> Instructions to follow: Among the entries below, one line contains "two_leaves-IsTree (omega arith) refl" and another contains "delete_all [] t = ok t". Transcribe those two lines and every line between them, exactly.

________

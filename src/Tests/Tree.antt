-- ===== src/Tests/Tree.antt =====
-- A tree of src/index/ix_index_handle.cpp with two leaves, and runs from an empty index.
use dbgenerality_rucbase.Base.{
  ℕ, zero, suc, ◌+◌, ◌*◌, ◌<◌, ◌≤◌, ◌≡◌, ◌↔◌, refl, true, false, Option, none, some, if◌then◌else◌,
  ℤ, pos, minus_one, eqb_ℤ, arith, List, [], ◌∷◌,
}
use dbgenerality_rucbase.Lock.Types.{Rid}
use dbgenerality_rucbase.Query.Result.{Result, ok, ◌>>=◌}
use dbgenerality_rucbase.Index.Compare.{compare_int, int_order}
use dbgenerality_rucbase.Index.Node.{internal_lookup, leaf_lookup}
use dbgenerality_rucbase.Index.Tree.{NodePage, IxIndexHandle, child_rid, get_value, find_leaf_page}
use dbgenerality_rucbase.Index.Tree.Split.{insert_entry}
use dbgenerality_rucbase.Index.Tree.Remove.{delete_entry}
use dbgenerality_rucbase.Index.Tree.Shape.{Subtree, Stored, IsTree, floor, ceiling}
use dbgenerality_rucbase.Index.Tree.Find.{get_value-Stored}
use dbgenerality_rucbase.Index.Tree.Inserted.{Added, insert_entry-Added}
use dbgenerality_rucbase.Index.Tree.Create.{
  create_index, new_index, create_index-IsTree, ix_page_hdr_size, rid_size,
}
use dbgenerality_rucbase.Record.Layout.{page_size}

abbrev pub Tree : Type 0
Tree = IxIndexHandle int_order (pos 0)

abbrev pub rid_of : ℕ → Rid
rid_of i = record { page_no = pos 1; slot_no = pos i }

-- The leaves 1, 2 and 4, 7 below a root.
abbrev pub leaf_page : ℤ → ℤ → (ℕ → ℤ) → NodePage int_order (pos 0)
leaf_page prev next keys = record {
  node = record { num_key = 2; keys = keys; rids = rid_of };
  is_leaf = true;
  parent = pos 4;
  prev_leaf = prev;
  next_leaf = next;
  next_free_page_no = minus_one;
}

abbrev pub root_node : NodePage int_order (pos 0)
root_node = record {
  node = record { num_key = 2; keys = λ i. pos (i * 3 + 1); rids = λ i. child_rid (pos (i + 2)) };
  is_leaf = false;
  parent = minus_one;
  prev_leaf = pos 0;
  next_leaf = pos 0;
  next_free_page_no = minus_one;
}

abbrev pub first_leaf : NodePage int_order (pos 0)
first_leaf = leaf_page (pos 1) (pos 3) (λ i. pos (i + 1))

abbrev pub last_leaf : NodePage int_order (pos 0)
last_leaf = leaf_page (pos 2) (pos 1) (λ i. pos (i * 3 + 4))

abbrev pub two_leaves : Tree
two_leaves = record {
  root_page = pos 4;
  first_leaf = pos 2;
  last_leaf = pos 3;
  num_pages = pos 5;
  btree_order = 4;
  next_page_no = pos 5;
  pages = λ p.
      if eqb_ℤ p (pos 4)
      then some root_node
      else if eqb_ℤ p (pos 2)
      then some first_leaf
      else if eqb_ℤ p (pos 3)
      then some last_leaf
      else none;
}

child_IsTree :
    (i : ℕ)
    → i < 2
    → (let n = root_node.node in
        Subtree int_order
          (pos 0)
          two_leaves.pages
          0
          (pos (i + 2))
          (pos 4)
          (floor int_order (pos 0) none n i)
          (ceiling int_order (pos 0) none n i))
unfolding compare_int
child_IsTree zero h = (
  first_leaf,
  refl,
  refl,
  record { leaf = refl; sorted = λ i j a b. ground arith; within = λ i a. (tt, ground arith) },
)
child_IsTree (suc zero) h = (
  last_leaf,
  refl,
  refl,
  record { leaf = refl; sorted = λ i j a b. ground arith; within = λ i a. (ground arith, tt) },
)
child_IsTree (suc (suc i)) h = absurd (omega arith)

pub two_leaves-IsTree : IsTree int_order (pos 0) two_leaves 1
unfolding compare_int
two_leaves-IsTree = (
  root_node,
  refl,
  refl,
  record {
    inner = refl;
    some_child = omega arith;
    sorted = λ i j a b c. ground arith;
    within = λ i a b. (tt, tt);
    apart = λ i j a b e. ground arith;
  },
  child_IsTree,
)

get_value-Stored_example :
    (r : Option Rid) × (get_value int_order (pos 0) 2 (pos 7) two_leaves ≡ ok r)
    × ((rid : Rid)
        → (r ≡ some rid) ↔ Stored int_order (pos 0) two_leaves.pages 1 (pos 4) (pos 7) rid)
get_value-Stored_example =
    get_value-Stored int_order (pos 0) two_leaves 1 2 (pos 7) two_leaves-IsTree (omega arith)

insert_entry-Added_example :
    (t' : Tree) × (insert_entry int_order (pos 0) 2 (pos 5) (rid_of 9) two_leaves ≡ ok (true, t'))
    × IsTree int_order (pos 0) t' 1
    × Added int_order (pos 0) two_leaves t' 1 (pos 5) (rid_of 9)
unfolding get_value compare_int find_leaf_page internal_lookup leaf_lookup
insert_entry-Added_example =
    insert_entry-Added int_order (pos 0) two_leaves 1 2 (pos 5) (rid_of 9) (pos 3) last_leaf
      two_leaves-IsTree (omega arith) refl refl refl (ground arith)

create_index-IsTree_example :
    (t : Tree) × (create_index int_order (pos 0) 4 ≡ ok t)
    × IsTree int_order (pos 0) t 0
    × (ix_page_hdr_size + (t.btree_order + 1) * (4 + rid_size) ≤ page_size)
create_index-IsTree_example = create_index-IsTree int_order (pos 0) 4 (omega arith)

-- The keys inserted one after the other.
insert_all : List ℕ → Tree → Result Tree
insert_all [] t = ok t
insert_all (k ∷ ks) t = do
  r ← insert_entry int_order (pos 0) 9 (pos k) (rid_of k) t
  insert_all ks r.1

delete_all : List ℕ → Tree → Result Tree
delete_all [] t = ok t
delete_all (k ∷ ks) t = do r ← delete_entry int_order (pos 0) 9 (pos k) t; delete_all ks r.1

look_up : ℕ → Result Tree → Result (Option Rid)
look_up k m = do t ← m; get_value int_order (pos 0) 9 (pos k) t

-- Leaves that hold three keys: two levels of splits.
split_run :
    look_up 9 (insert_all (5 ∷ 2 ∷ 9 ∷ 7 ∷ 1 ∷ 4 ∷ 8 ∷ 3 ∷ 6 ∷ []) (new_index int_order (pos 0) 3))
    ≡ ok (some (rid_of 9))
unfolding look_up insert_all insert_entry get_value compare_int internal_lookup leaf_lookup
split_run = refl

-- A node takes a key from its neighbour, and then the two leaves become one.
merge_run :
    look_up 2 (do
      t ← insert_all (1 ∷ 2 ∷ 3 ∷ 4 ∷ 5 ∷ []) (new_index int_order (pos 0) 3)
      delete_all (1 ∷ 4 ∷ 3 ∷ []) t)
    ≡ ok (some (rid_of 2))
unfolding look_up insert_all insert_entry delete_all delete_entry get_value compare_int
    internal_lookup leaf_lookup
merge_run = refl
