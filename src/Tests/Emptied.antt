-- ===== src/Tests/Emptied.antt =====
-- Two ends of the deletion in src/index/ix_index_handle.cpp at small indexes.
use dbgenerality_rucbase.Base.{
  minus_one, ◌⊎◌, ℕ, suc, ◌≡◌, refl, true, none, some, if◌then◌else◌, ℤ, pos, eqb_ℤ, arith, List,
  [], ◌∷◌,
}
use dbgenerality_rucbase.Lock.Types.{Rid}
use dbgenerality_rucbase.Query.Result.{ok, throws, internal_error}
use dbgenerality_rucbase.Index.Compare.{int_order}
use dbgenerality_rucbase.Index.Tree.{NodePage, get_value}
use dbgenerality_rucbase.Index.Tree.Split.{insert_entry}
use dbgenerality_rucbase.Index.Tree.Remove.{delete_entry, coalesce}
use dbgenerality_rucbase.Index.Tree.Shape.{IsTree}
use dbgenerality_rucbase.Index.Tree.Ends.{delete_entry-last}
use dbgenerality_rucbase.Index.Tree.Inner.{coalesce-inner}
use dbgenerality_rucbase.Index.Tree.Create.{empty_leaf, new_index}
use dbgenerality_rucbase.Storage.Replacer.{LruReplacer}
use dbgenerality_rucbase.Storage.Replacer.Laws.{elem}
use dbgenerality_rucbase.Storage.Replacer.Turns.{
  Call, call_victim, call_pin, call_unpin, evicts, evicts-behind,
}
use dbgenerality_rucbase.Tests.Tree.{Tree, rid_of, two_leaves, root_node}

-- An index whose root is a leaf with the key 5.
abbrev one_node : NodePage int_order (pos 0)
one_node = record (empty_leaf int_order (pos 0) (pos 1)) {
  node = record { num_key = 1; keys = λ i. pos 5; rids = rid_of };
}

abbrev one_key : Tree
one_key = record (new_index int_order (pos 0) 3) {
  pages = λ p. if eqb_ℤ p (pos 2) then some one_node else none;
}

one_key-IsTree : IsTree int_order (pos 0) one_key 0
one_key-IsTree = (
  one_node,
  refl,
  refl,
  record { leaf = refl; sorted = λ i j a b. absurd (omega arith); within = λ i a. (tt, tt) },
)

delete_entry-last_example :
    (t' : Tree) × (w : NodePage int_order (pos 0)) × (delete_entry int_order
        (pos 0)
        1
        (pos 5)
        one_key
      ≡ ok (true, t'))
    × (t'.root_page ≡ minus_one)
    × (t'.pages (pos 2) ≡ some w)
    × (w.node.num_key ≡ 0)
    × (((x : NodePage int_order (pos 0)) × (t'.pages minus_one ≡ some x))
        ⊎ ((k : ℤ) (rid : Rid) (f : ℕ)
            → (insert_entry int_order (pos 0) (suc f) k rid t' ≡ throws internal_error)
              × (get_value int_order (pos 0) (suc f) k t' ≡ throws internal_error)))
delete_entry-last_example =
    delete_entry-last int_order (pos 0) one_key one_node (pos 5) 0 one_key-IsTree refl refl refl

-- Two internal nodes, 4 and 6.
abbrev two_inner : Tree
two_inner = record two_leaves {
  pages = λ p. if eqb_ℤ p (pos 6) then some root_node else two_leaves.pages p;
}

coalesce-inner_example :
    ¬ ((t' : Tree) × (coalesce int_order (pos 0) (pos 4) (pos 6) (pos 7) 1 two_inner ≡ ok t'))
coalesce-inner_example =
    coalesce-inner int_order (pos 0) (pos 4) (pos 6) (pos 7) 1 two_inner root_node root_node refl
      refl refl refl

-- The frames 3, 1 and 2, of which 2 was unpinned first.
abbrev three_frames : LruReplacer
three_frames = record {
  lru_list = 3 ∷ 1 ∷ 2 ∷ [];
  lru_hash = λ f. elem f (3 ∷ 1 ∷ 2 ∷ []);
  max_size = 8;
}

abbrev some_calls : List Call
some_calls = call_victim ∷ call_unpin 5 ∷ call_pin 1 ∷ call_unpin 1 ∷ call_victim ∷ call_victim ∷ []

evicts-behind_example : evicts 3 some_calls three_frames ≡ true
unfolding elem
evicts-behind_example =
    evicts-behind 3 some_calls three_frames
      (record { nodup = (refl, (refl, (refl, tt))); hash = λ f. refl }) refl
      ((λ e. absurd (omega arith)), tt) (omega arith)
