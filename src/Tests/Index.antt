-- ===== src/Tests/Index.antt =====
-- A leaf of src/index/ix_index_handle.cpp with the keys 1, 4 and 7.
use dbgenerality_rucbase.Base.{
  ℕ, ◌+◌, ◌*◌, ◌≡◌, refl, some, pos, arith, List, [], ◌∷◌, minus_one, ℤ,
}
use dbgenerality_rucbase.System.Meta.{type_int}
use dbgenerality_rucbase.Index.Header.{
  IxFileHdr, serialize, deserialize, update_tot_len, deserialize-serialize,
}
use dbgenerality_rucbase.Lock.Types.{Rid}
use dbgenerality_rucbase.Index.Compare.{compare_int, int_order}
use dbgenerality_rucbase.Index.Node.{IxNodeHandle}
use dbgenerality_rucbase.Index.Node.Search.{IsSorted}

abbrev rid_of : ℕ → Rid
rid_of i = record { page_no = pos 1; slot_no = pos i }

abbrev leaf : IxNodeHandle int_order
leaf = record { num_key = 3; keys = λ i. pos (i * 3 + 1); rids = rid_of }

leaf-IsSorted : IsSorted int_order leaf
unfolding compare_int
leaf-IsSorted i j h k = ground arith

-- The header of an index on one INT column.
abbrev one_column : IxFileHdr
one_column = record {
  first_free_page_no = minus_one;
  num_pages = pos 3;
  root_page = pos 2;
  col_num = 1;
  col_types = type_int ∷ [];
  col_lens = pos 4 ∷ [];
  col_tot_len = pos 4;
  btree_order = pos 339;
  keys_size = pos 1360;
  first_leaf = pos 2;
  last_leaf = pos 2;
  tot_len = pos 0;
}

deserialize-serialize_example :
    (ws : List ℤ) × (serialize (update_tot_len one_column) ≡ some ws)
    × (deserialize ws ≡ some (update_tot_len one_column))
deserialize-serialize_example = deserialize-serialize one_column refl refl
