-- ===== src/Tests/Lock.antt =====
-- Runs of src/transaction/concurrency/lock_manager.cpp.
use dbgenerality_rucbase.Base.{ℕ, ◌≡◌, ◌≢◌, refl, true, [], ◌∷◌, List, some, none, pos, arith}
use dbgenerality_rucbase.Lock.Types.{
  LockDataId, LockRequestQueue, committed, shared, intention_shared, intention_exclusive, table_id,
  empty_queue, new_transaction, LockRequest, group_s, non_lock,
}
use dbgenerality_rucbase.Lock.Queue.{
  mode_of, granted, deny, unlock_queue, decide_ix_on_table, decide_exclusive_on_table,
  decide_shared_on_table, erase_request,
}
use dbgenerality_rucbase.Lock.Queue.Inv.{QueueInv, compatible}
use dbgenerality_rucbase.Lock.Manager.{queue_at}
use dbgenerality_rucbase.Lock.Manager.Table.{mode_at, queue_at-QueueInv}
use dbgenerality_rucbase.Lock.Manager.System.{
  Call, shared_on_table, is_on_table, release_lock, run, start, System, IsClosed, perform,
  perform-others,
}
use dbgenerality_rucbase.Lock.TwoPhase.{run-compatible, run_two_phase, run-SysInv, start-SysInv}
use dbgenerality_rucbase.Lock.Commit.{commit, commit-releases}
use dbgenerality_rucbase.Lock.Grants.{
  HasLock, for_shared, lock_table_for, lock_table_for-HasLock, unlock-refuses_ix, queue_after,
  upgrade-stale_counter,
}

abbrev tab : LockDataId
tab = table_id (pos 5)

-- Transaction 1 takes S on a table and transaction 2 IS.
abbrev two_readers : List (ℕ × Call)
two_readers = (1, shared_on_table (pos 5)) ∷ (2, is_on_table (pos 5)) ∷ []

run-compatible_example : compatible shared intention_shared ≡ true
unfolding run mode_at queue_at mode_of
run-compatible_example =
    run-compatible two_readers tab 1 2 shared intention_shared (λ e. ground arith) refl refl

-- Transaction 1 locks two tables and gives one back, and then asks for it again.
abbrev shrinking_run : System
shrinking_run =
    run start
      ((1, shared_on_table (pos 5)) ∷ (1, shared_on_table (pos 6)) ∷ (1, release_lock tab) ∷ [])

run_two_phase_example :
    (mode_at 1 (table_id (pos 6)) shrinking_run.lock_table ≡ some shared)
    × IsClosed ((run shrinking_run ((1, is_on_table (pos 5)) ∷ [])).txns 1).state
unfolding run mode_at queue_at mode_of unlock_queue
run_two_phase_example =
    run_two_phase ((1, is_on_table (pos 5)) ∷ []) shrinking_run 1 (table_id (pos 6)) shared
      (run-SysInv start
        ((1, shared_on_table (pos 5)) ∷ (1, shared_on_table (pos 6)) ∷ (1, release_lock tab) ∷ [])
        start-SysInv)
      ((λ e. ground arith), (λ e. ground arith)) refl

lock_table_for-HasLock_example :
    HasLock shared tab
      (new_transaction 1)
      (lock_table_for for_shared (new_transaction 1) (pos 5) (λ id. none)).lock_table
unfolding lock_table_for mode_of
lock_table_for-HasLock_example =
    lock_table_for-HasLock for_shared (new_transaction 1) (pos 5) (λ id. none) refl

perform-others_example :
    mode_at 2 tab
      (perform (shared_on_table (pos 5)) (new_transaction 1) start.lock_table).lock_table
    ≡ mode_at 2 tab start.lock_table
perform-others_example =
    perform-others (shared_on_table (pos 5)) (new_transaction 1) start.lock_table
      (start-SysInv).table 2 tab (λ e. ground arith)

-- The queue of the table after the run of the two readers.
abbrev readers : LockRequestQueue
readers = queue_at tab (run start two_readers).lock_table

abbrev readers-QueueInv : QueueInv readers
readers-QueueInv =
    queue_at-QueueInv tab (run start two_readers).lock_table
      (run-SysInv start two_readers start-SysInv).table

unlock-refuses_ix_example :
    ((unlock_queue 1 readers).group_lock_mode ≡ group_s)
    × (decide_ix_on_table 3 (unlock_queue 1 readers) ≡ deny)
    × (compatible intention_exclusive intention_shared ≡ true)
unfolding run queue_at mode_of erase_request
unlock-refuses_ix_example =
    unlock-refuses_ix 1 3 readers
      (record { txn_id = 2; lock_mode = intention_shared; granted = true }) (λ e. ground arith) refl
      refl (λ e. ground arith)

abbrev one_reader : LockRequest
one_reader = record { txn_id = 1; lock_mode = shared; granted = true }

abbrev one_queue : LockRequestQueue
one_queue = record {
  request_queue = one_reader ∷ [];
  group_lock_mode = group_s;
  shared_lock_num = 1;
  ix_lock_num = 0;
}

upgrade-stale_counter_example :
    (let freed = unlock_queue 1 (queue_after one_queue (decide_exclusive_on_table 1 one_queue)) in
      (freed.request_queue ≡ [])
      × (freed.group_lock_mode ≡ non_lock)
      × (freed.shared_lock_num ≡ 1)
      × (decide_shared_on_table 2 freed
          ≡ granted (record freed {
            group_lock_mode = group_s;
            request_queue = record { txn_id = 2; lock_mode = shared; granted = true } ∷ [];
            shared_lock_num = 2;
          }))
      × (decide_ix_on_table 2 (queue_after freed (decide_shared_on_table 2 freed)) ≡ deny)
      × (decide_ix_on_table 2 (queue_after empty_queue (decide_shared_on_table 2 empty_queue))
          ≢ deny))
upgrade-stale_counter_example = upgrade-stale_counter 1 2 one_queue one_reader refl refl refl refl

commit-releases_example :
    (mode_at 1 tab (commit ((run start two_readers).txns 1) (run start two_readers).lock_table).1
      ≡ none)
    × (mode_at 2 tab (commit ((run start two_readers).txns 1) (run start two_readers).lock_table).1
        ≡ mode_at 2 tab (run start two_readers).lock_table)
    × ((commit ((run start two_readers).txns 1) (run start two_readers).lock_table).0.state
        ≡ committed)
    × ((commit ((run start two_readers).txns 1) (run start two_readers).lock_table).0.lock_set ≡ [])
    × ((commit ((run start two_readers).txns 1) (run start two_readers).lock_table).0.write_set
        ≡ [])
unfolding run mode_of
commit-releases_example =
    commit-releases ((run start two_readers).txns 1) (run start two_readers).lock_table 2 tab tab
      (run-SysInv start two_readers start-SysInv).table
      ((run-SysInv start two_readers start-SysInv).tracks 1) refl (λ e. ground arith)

________

> Output below:
      two_leaves-IsTree (omega arith) refl refl refl (ground arith)

create_index-IsTree_example :
    (t : Tree) × (create_index int_order (pos 0) 4 ≡ ok t)
    × IsTree int_order (pos 0) t 0
    × (ix_page_hdr_size + (t.btree_order + 1) * (4 + rid_size) ≤ page_size)
create_index-IsTree_example = create_index-IsTree int_order (pos 0) 4 (omega arith)

-- The keys inserted one after the other.
insert_all : List ℕ → Tree → Result Tree
insert_all [] t = ok t
insert_all (k ∷ ks) t = do
  r ← insert_entry int_order (pos 0) 9 (pos k) (rid_of k) t
  insert_all ks r.1

delete_all : List ℕ → Tree → Result Tree
delete_all [] t = ok t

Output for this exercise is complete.